# DATA EXTRACTS
++++++++++
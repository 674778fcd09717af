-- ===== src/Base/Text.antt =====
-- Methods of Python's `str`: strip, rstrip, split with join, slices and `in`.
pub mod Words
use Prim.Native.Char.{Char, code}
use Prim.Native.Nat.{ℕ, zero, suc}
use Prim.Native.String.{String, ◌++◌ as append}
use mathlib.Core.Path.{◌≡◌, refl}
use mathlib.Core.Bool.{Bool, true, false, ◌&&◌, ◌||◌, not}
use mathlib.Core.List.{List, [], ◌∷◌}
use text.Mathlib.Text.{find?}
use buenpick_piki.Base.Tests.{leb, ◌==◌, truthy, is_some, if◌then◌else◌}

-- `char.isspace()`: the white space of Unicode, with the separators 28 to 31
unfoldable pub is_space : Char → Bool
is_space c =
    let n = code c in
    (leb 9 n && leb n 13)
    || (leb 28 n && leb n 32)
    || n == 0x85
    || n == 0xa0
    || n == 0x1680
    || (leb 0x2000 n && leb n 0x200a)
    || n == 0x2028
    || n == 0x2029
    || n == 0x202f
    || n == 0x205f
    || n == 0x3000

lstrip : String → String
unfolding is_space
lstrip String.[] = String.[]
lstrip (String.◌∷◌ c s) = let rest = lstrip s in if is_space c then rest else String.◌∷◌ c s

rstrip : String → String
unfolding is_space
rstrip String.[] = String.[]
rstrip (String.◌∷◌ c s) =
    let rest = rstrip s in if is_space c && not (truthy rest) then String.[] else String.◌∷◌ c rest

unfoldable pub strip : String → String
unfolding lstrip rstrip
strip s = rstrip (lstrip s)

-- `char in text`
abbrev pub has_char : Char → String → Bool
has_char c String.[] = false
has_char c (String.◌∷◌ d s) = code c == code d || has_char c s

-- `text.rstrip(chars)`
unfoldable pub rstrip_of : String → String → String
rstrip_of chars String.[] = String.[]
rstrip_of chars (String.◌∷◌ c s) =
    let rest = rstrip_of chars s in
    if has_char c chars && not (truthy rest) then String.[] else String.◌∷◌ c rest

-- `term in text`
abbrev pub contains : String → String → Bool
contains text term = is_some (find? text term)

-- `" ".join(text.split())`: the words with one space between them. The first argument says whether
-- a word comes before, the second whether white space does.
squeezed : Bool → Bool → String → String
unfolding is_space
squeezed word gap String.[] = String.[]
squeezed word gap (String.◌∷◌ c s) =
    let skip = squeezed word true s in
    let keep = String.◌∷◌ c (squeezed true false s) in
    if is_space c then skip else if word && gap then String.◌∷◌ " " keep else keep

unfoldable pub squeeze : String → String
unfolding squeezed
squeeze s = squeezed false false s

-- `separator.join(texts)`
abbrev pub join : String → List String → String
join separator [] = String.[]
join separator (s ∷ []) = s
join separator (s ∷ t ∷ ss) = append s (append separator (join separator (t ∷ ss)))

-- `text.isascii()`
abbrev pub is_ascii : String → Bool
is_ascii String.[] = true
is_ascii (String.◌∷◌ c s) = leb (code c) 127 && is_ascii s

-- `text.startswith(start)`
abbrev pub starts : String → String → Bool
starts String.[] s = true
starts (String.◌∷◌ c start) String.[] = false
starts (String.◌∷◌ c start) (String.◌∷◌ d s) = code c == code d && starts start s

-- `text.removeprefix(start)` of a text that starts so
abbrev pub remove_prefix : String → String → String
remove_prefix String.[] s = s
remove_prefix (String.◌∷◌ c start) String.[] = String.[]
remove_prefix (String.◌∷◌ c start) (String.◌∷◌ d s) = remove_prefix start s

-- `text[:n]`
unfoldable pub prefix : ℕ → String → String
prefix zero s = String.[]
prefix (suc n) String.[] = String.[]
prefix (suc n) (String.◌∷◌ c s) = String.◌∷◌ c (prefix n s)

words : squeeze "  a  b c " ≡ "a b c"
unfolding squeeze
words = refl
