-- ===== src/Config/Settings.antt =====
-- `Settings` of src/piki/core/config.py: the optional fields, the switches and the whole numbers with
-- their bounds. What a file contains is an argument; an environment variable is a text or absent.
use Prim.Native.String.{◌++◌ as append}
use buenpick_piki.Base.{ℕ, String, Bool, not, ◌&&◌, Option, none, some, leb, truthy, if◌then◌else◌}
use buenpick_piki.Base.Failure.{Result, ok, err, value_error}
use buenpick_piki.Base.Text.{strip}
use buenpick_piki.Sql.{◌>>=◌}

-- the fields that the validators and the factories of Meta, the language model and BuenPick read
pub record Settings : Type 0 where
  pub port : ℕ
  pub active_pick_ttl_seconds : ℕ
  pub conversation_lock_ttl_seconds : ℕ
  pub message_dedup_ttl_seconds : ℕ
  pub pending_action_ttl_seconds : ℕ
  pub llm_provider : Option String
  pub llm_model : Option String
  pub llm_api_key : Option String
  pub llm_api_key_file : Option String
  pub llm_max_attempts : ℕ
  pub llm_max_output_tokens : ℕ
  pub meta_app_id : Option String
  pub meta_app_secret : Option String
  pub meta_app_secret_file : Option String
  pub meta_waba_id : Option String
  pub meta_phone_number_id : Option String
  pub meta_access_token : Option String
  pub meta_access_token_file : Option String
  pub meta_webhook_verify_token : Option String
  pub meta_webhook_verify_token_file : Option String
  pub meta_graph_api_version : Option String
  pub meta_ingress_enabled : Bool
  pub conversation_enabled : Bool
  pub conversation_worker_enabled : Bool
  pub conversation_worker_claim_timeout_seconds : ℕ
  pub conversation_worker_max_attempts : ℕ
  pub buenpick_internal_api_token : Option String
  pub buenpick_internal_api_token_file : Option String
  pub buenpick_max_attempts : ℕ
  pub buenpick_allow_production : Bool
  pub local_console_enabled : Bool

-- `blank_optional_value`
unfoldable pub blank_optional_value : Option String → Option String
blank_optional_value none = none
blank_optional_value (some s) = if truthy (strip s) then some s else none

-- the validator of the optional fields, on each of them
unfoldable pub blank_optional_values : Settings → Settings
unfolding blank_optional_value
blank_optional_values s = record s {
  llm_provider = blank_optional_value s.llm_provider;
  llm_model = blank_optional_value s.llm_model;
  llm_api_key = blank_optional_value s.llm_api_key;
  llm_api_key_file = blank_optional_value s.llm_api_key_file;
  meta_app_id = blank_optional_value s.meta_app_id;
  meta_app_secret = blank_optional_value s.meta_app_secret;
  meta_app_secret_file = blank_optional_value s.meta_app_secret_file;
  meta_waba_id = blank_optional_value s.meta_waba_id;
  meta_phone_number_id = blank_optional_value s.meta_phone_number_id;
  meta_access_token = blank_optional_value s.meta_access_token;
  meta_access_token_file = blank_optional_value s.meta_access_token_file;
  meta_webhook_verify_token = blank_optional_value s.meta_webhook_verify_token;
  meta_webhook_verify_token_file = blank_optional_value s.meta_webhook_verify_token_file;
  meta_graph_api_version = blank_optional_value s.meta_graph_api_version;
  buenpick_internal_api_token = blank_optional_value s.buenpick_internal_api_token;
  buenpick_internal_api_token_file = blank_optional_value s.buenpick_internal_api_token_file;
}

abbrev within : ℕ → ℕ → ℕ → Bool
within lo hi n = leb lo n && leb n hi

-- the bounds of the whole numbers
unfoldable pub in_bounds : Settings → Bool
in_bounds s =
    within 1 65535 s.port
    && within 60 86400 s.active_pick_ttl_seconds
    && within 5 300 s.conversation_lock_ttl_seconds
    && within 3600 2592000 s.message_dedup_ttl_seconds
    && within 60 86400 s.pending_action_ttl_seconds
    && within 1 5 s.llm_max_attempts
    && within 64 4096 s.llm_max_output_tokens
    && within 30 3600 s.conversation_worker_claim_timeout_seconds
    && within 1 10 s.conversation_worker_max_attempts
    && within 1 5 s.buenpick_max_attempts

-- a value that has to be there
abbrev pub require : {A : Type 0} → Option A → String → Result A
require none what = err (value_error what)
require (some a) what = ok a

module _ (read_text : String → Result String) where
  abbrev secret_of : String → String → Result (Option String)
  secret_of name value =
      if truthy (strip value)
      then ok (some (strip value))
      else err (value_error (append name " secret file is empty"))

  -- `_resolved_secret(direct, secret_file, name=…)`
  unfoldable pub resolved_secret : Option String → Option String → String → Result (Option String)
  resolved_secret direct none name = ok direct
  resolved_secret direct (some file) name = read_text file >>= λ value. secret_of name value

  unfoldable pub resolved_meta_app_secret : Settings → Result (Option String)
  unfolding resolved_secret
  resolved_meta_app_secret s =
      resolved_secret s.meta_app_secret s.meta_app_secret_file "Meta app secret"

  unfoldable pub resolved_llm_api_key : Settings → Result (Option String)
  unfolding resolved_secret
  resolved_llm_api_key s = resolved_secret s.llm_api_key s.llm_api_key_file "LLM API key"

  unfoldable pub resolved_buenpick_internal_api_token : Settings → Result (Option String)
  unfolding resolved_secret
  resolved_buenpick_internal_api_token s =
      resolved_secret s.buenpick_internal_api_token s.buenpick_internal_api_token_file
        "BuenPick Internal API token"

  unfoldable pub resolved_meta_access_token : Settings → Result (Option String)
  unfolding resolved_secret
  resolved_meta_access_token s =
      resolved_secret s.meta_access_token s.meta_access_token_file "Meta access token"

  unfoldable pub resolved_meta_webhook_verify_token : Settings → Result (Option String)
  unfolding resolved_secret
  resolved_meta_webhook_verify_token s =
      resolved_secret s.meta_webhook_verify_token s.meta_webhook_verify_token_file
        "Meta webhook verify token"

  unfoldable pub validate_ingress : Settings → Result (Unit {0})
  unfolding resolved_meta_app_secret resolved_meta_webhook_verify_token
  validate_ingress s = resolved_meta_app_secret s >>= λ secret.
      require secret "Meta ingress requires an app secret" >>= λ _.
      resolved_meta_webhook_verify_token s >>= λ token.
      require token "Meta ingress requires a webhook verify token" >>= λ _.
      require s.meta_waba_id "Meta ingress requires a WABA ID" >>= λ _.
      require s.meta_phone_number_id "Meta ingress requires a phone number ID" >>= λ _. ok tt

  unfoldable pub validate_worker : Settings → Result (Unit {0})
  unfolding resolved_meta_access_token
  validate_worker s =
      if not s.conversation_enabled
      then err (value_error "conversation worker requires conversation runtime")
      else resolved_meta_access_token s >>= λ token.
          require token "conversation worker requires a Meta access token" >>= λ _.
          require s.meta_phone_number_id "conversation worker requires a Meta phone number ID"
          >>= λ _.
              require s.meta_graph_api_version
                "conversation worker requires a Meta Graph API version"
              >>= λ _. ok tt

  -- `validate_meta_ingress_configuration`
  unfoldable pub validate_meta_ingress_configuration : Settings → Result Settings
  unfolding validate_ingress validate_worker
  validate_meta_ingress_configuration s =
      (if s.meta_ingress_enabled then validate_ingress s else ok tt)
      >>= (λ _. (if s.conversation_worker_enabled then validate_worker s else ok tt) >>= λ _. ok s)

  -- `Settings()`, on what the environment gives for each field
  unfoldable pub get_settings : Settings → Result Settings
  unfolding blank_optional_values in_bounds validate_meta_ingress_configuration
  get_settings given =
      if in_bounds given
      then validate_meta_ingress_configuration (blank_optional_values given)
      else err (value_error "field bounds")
++++++++++
# TASK DIRECTIONS
Taking the material above, extract exactly and only the lines from the line with "pub llm_api_key_file : Option String" to the line with "blank_optional_value (some s)", inclusive of both.

# RESPONSE AREA
  pub llm_api_key_file : Option String
  pub llm_max_attempts : ℕ
  pub llm_max_output_tokens : ℕ
  pub meta_app_id : Option String
  pub meta_app_secret : Option String
  pub meta_app_secret_file : Option String
  pub meta_waba_id : Option String
  pub meta_phone_number_id : Option String
  pub meta_access_token : Option String
  pub meta_access_token_file : Option String
  pub meta_webhook_verify_token : Option String
  pub meta_webhook_verify_token_file : Option String
  pub meta_graph_api_version : Option String
  pub meta_ingress_enabled : Bool
  pub conversation_enabled : Bool
  pub conversation_worker_enabled : Bool
  pub conversation_worker_claim_timeout_seconds : ℕ
  pub conversation_worker_max_attempts : ℕ
  pub buenpick_internal_api_token : Option String
  pub buenpick_internal_api_token_file : Option String
  pub buenpick_max_attempts : ℕ
  pub buenpick_allow_production : Bool
  pub local_console_enabled : Bool

-- `blank_optional_value`
unfoldable pub blank_optional_value : Option String → Option String
blank_optional_value none = none
blank_optional_value (some s) = if truthy (strip s) then some s else none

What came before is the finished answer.